**What this task involves:**
Look through the material below and show every line with the word "detach".

**Listed entries:**
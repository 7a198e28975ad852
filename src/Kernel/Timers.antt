-- ===== src/Kernel/Timers.antt =====
-- linux/timer.h as the modules use it: a timer that is pending until a time, or not.
use lkms.Prelude.{ℕ, ◌≡◌, refl, Option, none, some}

-- 1 if a timer is pending, else 0: what `mod_timer` and `del_timer` return.
abbrev pub was_pending : Option ℕ → ℕ
was_pending none = 0
was_pending (some e) = 1

pub record Timers : Type 1 where
  pub Timer : Type 0
  -- The time at which it is due, while it is pending.
  pub expires : Timer → Option ℕ
  -- A timer of the function and the data, not pending.
  pub setup_timer : Timer
  pub mod_timer : Timer → ℕ → ℕ × Timer
  pub del_timer : Timer → ℕ × Timer
  -- The kernel takes a timer that is due off its list before it calls the function.
  pub detach : Timer → Timer
  pub expires-setup : expires setup_timer ≡ none
  pub expires-mod : (t : Timer) (e : ℕ) → expires (mod_timer t e).1 ≡ some e
  pub mod-was : (t : Timer) (e : ℕ) → (mod_timer t e).0 ≡ was_pending (expires t)
  pub expires-del : (t : Timer) → expires (del_timer t).1 ≡ none
  pub del-was : (t : Timer) → (del_timer t).0 ≡ was_pending (expires t)
  pub expires-detach : (t : Timer) → expires (detach t) ≡ none

-- A timer that behaves so: the time itself.
abbrev pub plain_timers : Timers
plain_timers = record {
  Timer = Option ℕ;
  expires = λ t. t;
  setup_timer = none;
  mod_timer = λ t e. (was_pending t, some e);
  del_timer = λ t. (was_pending t, none);
  detach = λ t. none;
  expires-setup = refl;
  expires-mod = λ t e. refl;
  mod-was = λ t e. refl;
  expires-del = λ t. refl;
  del-was = λ t. refl;
  expires-detach = λ t. refl;
}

**Result:**
  pub detach : Timer → Timer
  pub expires-detach : (t : Timer) → expires (detach t) ≡ none
  detach = λ t. none;
  expires-detach = λ t. refl;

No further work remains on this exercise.